> _Exercise prompt_
Repeat only part of the entries. Start at the line that has "-- With hashes" and keep going through the last line, exactly as given.

> _Material provided_
>>

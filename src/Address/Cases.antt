-- ===== src/Address/Cases.antt =====
-- A checksum changes nothing but the case of letters.
use bcos_dispatcher.Base.{
  ℕ, ◌≡◌, refl, sym, ap, ◌∙◌, Option, none, some, [], ◌∷◌, leb, arith, if_elim,
}
use bcos_dispatcher.Base.Text.{Text}
use bcos_dispatcher.Address.{
  to_lower, to_upper, is_digit, prepend, tail, checksum_char, checksum, lower, to_checksum_address,
  convert_hex_char_to_int, preprocess_address,
}

to_lower-to_upper : (c : ℕ) → to_lower (to_upper c) ≡ to_lower c
unfolding to_lower to_upper
to_lower-to_upper c = ground arith

to_lower_idem : (c : ℕ) → to_lower (to_lower c) ≡ to_lower c
unfolding to_lower
to_lower_idem c = ground arith

lower_idem : (t : Text) → lower (lower t) ≡ lower t
unfolding lower
lower_idem [] = refl
lower_idem (c ∷ t) = rw (to_lower_idem c, lower_idem t)

-- The text is the same but for case.
abbrev pub SameLetters : Text → Option Text → Type 0
SameLetters t none = Unit {0}
SameLetters t (some u) = lower u ≡ lower t

prepend-SameLetters :
    (c d : ℕ) (t : Text) (o : Option Text)
    → to_lower d ≡ to_lower c
    → SameLetters t o
    → SameLetters (c ∷ t) (prepend d o)
unfolding prepend lower
prepend-SameLetters c d t none e h = tt
prepend-SameLetters c d t (some u) e h = rw (e, h)

checksum_char-SameLetters :
    (c : ℕ) (hash : Text) (t : Text) (o : Option Text)
    → SameLetters t o
    → SameLetters (c ∷ t) (checksum_char c hash o)
unfolding checksum_char
checksum_char-SameLetters c [] t o h = tt
checksum_char-SameLetters c (k ∷ hash) t o h =
    prepend-SameLetters c _ t o
      (if_elim (λ d. to_lower d ≡ to_lower c) (leb 8 (convert_hex_char_to_int k)) _ _
        (λ _. to_lower-to_upper c) (λ _. refl))
      h

checksum-SameLetters : (t hash : Text) → SameLetters t (checksum t hash)
unfolding checksum
checksum-SameLetters [] hash = refl
checksum-SameLetters (c ∷ t) hash =
    if_elim (SameLetters (c ∷ t)) (is_digit c) _ _
      (λ _. prepend-SameLetters c c t _ refl (checksum-SameLetters t (tail hash)))
      (λ _. checksum_char-SameLetters c hash t _ (checksum-SameLetters t (tail hash)))

same_letters : (t u : Text) (o : Option Text) → SameLetters t o → o ≡ some u → lower u ≡ lower t
same_letters t u none h e = absurd (cc)
same_letters t u (some v) h e = ap lower (sym (ground arith)) ∙ h

lower-to_checksum_address :
    (hash_hex : Text → Text) (t u : Text)
    → to_checksum_address hash_hex t ≡ some u
    → lower u ≡ lower t
unfolding to_checksum_address
lower-to_checksum_address hash_hex t u e =
    same_letters (lower t) u (checksum (lower t) (hash_hex (lower t)))
      (checksum-SameLetters (lower t) _) e
    ∙ lower_idem t

-- An address with its checksum has that checksum: `toChecksumAddress` leaves its own result as it is.
pub to_checksum_address_idem :
    (hash_hex : Text → Text) (t u : Text)
    → to_checksum_address hash_hex t ≡ some u
    → to_checksum_address hash_hex u ≡ some u
unfolding to_checksum_address
to_checksum_address_idem hash_hex t u e =
    ap (λ l. checksum l (hash_hex l)) (lower-to_checksum_address hash_hex t u e) ∙ e

-- `preprocessAddress` takes an address with `0x` and checksum back to lower case.
pub preprocess_address-to_checksum_address :
    (hash_hex : Text → Text) (t u : Text)
    → to_checksum_address hash_hex t ≡ some u
    → preprocess_address (48 ∷ 120 ∷ u) ≡ some (lower t)
unfolding preprocess_address
preprocess_address-to_checksum_address hash_hex t u e =
    ap some (lower-to_checksum_address hash_hex t u e)
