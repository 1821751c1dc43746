-- ===== src/Address/Length.antt =====
-- New addresses are forty hexadecimal digits.
use bcos_dispatcher.Base.{
  ℕ, zero, suc, ◌+◌, ◌/◌, ◌%◌, ◌<◌, ◌≤◌, ◌≡◌, refl, ◌⊎◌, Option, none, some, [], ◌∷◌, ◌++◌, length,
  leb, arith, if_elim, All, subst,
}
use bcos_dispatcher.Base.Text.{Text}
use bcos_dispatcher.Address.{
  to_lower, to_upper, is_digit, prepend, tail, checksum_char, checksum, lower, to_checksum_address,
  convert_hex_char_to_int, hex_digit, hex, checksum_of, new_evm_address, new_evm_address_salted,
}

-- 0-9, A-F, or a-f.
abbrev pub IsHexDigit : ℕ → Type 0
IsHexDigit c = ((48 ≤ c) × (c ≤ 57)) ⊎ (((65 ≤ c) × (c ≤ 70)) ⊎ ((97 ≤ c) × (c ≤ 102)))

-- A text of so many hexadecimal digits.
abbrev pub IsHex : ℕ → Option Text → Type 0
IsHex n none = ⊥
IsHex n (some t) = (length t ≡ n) × All IsHexDigit t

abbrev pub IsByte : ℕ → Type 0
IsByte b = b < 256

prepend-IsHex : (c n : ℕ) (o : Option Text) → IsHexDigit c → IsHex n o → IsHex (suc n) (prepend c o)
unfolding prepend
prepend-IsHex c n none h k = absurd k
prepend-IsHex c n (some t) h k = (omega (arith, k.0), (h, k.1))

hex_digit-IsHexDigit : (d : ℕ) → d < 16 → IsHexDigit (hex_digit d)
unfolding hex_digit
hex_digit-IsHexDigit d h = ground arith

hex-IsHex : (n : ℕ) (t : Text) → n ≤ length t → All IsByte t → IsHex (n + n) (hex n t)
unfolding hex
hex-IsHex zero t h k = (refl, tt)
hex-IsHex (suc n) [] h k = absurd (omega arith)
hex-IsHex (suc n) (b ∷ t) h k =
    subst (λ m. IsHex m (prepend (hex_digit (b / 16)) (prepend (hex_digit (b % 16)) (hex n t))))
      (omega arith)
      (prepend-IsHex _ (suc (n + n)) _ (hex_digit-IsHexDigit (b / 16) (omega (arith, k.0))) (
        prepend-IsHex _ (n + n) _ (hex_digit-IsHexDigit (b % 16) (omega (arith, k.0)))
          (hex-IsHex n t (omega arith) k.1)))

lower-IsHex : (n : ℕ) (t : Text) → IsHex n (some t) → IsHex n (some (lower t))
unfolding lower to_lower
lower-IsHex n [] h = h
lower-IsHex zero (c ∷ t) h = absurd (omega (arith, h.0))
lower-IsHex (suc n) (c ∷ t) (l, (d, ds)) =
    let (l', ds') = lower-IsHex n t (omega (arith, l), ds) in
    (omega (arith, l'), (ground arith, ds'))

to_upper-IsHexDigit : (c : ℕ) → IsHexDigit c → IsHexDigit (to_upper c)
unfolding to_upper
to_upper-IsHexDigit c h = ground arith

checksum_char-IsHex :
    (c n : ℕ) (hash : Text) (o : Option Text)
    → 0 < length hash
    → IsHexDigit c
    → IsHex n o
    → IsHex (suc n) (checksum_char c hash o)
unfolding checksum_char
checksum_char-IsHex c n [] o l h k = absurd (omega arith)
checksum_char-IsHex c n (x ∷ hash) o l h k =
    prepend-IsHex _ n o
      (if_elim IsHexDigit (leb 8 (convert_hex_char_to_int x)) _ _ (λ _. to_upper-IsHexDigit c h)
        (λ _. h))
      k

tail-length : (n : ℕ) (t : Text) → suc n ≤ length t → n ≤ length (tail t)
tail-length n [] h = absurd (omega arith)
tail-length n (c ∷ t) h = omega arith

checksum-IsHex :
    (n : ℕ) (t hash : Text) → n ≤ length hash → IsHex n (some t) → IsHex n (checksum t hash)
unfolding checksum
checksum-IsHex n [] hash l h = h
checksum-IsHex zero (c ∷ t) hash l h = absurd (omega (arith, h.0))
checksum-IsHex (suc n) (c ∷ t) hash l (e, (d, ds)) =
    let rest = checksum-IsHex n t (tail hash) (tail-length n hash l) (omega (arith, e), ds) in
    if_elim (IsHex (suc n)) (is_digit c) _ _ (λ _. prepend-IsHex c n _ d rest)
      (λ _. checksum_char-IsHex c n hash _ (omega arith) d rest)

module _ (hash hash_hex : Text → Text) (hash_length : (t : Text) → length (hash t) ≡ 32)
    (hash_bytes : (t : Text) → All IsByte (hash t))
    (hash_hex_length : (t : Text) → length (hash_hex t) ≡ 64) where
  checksum_of-IsHex : (o : Option Text) → IsHex 40 o → IsHex 40 (checksum_of hash_hex o)
  unfolding checksum_of to_checksum_address
  checksum_of-IsHex none h = absurd h
  checksum_of-IsHex (some t) h =
      checksum-IsHex 40 (lower t) _ (omega (arith, hash_hex_length (lower t))) (lower-IsHex 40 t h)

  of_hash : (t : Text) → IsHex 40 (checksum_of hash_hex (hex 20 (hash t)))
  of_hash t =
      checksum_of-IsHex (hex 20 (hash t))
        (hex-IsHex 20 (hash t) (omega (arith, hash_length t)) (hash_bytes t))

  -- With hashes of 32 bytes, in hexadecimal 64 digits, both forms of `newEVMAddress` read no character
  -- past the end and return forty hexadecimal digits.
  pub new_evm_address-IsHex :
      (decimal to_big_endian : ℕ → Text) (block_number contextID seq : ℕ) (sender init : Text)
      (salt : ℕ)
      → IsHex 40 (new_evm_address hash hash_hex decimal block_number contextID seq)
        × IsHex 40 (new_evm_address_salted hash hash_hex to_big_endian sender init salt)
  unfolding new_evm_address new_evm_address_salted
  new_evm_address-IsHex decimal to_big_endian block_number contextID seq sender init salt = (
    of_hash (decimal block_number ++ (95 ∷ (decimal contextID ++ (95 ∷ decimal seq)))),
    of_hash ((255 ∷ []) ++ (sender ++ (to_big_endian salt ++ hash init))),
  )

<<

> _Exercise output_
  -- With hashes of 32 bytes, in hexadecimal 64 digits, both forms of `newEVMAddress` read no character
  -- past the end and return forty hexadecimal digits.
  pub new_evm_address-IsHex :
      (decimal to_big_endian : ℕ → Text) (block_number contextID seq : ℕ) (sender init : Text)
      (salt : ℕ)
      → IsHex 40 (new_evm_address hash hash_hex decimal block_number contextID seq)
        × IsHex 40 (new_evm_address_salted hash hash_hex to_big_endian sender init salt)
  unfolding new_evm_address new_evm_address_salted
  new_evm_address-IsHex decimal to_big_endian block_number contextID seq sender init salt = (
    of_hash (decimal block_number ++ (95 ∷ (decimal contextID ++ (95 ∷ decimal seq)))),
    of_hash ((255 ∷ []) ++ (sender ++ (to_big_endian salt ++ hash init))),
  )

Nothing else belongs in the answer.